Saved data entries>
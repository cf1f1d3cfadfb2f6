-- ===== src/Sources/Handler/Steps.antt =====
-- How one call of Handle (pkg/operatorsource/handler.go) proceeds: past the out-of-sync
-- reconciler, through the factory, and when it ends in a panic.
use mathlib.Core.Path.{subst}
use operator_marketplace.Common.{
  sym, String, ◌≡◌, refl, ◌≢◌, ◌↔◌, inl, inr, Bool, true, false, ◌||◌, Option, none, some, arith,
  ◌==◌, eq_iff, if◌then◌else◌, Bool-cases, Option-cases,
}
use operator_marketplace.Common.Errors.{Error, ok}
use operator_marketplace.Api.Meta.{is_zero, ObjectPhase, NamespacedName}
use operator_marketplace.Api.OperatorSource.{OperatorSource, current_phase_name, ensure_source_gvk}
use operator_marketplace.Phase.{
  initial, configuring, succeeded, failed, validating, downloading, purging,
}
use operator_marketplace.Datastore.{get_operator_source}
use operator_marketplace.Cluster.{Environment}
use operator_marketplace.Sources.World.{Reconciled, World}
use operator_marketplace.Sources.Reconcilers.{
  initial_reconcile, validating_reconcile, downloading_reconcile, configuring_reconcile,
  purging_reconcile, succeeded_reconcile, failed_reconcile, advance, unchanged, in_sync,
  out_of_sync_reconcile,
}
use operator_marketplace.Sources.Reconcilers.Diagram.{
  Moves, initial-Moves, validating-Moves, downloading-Moves, configuring-Moves, purging-Moves,
  succeeded-Moves, failed-Moves,
}
use operator_marketplace.Sources.Handler.{
  Reconciler, for_deleted, for_initial, for_validating, for_downloading, for_configuring,
  for_purging, for_succeeded, for_failed, reconciler_of_phase, get_phase_reconciler, panicked,
  reconcile, persist, transition, reconcile_phase, handle, handle_fetched, reconcile_request,
}

-- The phase of the reconciler; a deleted object may have any.
abbrev pub phase_of : Reconciler → String → String
phase_of for_deleted name = name
phase_of for_initial name = initial
phase_of for_validating name = validating
phase_of for_downloading name = downloading
phase_of for_configuring name = configuring
phase_of for_purging name = purging
phase_of for_succeeded name = succeeded
phase_of for_failed name = failed

reconciler_of_phase_sound :
    (name : String) (k : Reconciler) → reconciler_of_phase name ≡ ok k → name ≡ phase_of k name
reconciler_of_phase_sound name k h = ground (
  arith,
  eq_iff name initial,
  eq_iff name validating,
  eq_iff name downloading,
  eq_iff name configuring,
  eq_iff name purging,
  eq_iff name succeeded,
  eq_iff name failed,
)

pub get_phase_reconciler_sound :
    (o : OperatorSource) (k : Reconciler)
    → get_phase_reconciler o ≡ ok k
    → current_phase_name o ≡ phase_of k (current_phase_name o)
unfolding get_phase_reconciler
get_phase_reconciler_sound o k h = elim (Bool-cases (is_zero o.meta.deletion_timestamp)) [
  | inl z ↦ reconciler_of_phase_sound (current_phase_name o) k (rw z at h)
  | inr z ↦ ground arith
]

module _ (E : Environment) where
  -- The out-of-sync reconciler leaves the object to the phase reconcilers.
  abbrev pub passes : OperatorSource → World E → Bool
  passes o w =
      (current_phase_name o == initial || current_phase_name o == purging)
      || in_sync E (get_operator_source o.meta.uid w.store) o.spec

  pub out_of_sync_lem :
      (o : OperatorSource) (w : World E)
      → out_of_sync_reconcile E o w ≡ (if passes o w then unchanged o else advance o purging, w)
  unfolding out_of_sync_reconcile
  out_of_sync_lem o w = ground arith

  pub handle_passed :
      (o : OperatorSource) (w : World E)
      → passes o w ≡ true
      → handle E o w ≡ reconcile_phase E o (get_phase_reconciler o) w
  unfolding handle
  handle_passed o w h = rw (out_of_sync_lem o w, h)

  pub handle_out_of_sync :
      (o : OperatorSource) (w : World E)
      → passes o w ≡ false
      → handle E o w ≡ transition E (advance o purging) w
  unfolding handle
  handle_out_of_sync o w h = rw (out_of_sync_lem o w, h)

  pub reconcile_request_found :
      (request : NamespacedName) (o : OperatorSource) (w : World E) (s : E.State)
      → E.sources.get request w.cluster ≡ (ok o, s)
      → reconcile_request E request w ≡ handle E (ensure_source_gvk o) (record w { cluster = s })
  unfolding reconcile_request handle_fetched
  reconcile_request_found request o w s h = rw (h, handle_fetched) refl

  persist-ne-panicked :
      (out : OperatorSource) (p : Option ObjectPhase × Bool) (e : Option Error) (w : World E)
      → (persist E out p e w).0 ≢ panicked
  unfolding persist
  persist-ne-panicked out (p, false) e w h = cc
  persist-ne-panicked out (none, true) e w h = cc
  persist-ne-panicked out (some p, true) e w h = cc

  pub transition-panicked_iff :
      (r : Reconciled) (w : World E) → ((transition E r w).0 ≡ panicked) ↔ (r.out ≡ none)
  unfolding transition
  transition-panicked_iff r w = elim (Option-cases r.out) [
    | inl e ↦ ((λ _. e), (λ _. rw (e, transition)))
    | inr (o, e) ↦
        ((λ p. absurd (persist-ne-panicked o _ _ w (rw (e, transition) at p))), (λ q. cc))
  ]

  pub Moves-out :
      (from : String) (o : OperatorSource) (r : Reconciled) → Moves from o r → r.out ≢ none
  Moves-out from o r m e = rw e at m

  -- The reconciler that the factory picks for an object that is not being deleted returns an
  -- object with the same name, namespace, UID, spec and phase, and its next phase, if it has one,
  -- follows the diagram: Initial to Validating, Validating to Downloading or Failed, Downloading to
  -- itself, Failed or Configuring, Configuring to itself or Succeeded, Purging to itself or Initial,
  -- and none from Succeeded or Failed.
  pub reconcile-Moves :
      (k : Reconciler) (o : OperatorSource) (w : World E)
      → get_phase_reconciler o ≡ ok k
      → k ≢ for_deleted
      → Moves (current_phase_name o) o (reconcile E k o w).0
  unfolding reconcile
  reconcile-Moves k o w h d = go k (get_phase_reconciler_sound o k h) d
    where
      go :
          (k : Reconciler)
          → current_phase_name o ≡ phase_of k (current_phase_name o)
          → k ≢ for_deleted
          → Moves (current_phase_name o) o (reconcile E k o w).0
      go for_deleted e d = absurd (d refl)
      go for_initial e d =
          subst (λ p. Moves p o (initial_reconcile E o w).0) (sym e) (initial-Moves E o w e)
      go for_validating e d =
          subst (λ p. Moves p o (validating_reconcile E o w).0) (sym e) (validating-Moves E o w e)
      go for_downloading e d =
          subst (λ p. Moves p o (downloading_reconcile E o w).0) (sym e) (downloading-Moves E o w e)
      go for_configuring e d =
          subst (λ p. Moves p o (configuring_reconcile E o w).0) (sym e) (configuring-Moves E o w e)
      go for_purging e d =
          subst (λ p. Moves p o (purging_reconcile E o w).0) (sym e) (purging-Moves E o w e)
      go for_succeeded e d =
          subst (λ p. Moves p o (succeeded_reconcile E o w).0) (sym e) (succeeded-Moves E o w e)
      go for_failed e d =
          subst (λ p. Moves p o (failed_reconcile E o w).0) (sym e) (failed-Moves E o w e)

TASK ITEM> Show all lines above containing "subst".

RESPONSE BOX>
use mathlib.Core.Path.{subst}
          subst (λ p. Moves p o (initial_reconcile E o w).0) (sym e) (initial-Moves E o w e)
          subst (λ p. Moves p o (validating_reconcile E o w).0) (sym e) (validating-Moves E o w e)
          subst (λ p. Moves p o (downloading_reconcile E o w).0) (sym e) (downloading-Moves E o w e)
          subst (λ p. Moves p o (configuring_reconcile E o w).0) (sym e) (configuring-Moves E o w e)
          subst (λ p. Moves p o (purging_reconcile E o w).0) (sym e) (purging-Moves E o w e)
          subst (λ p. Moves p o (succeeded_reconcile E o w).0) (sym e) (succeeded-Moves E o w e)
          subst (λ p. Moves p o (failed_reconcile E o w).0) (sym e) (failed-Moves E o w e)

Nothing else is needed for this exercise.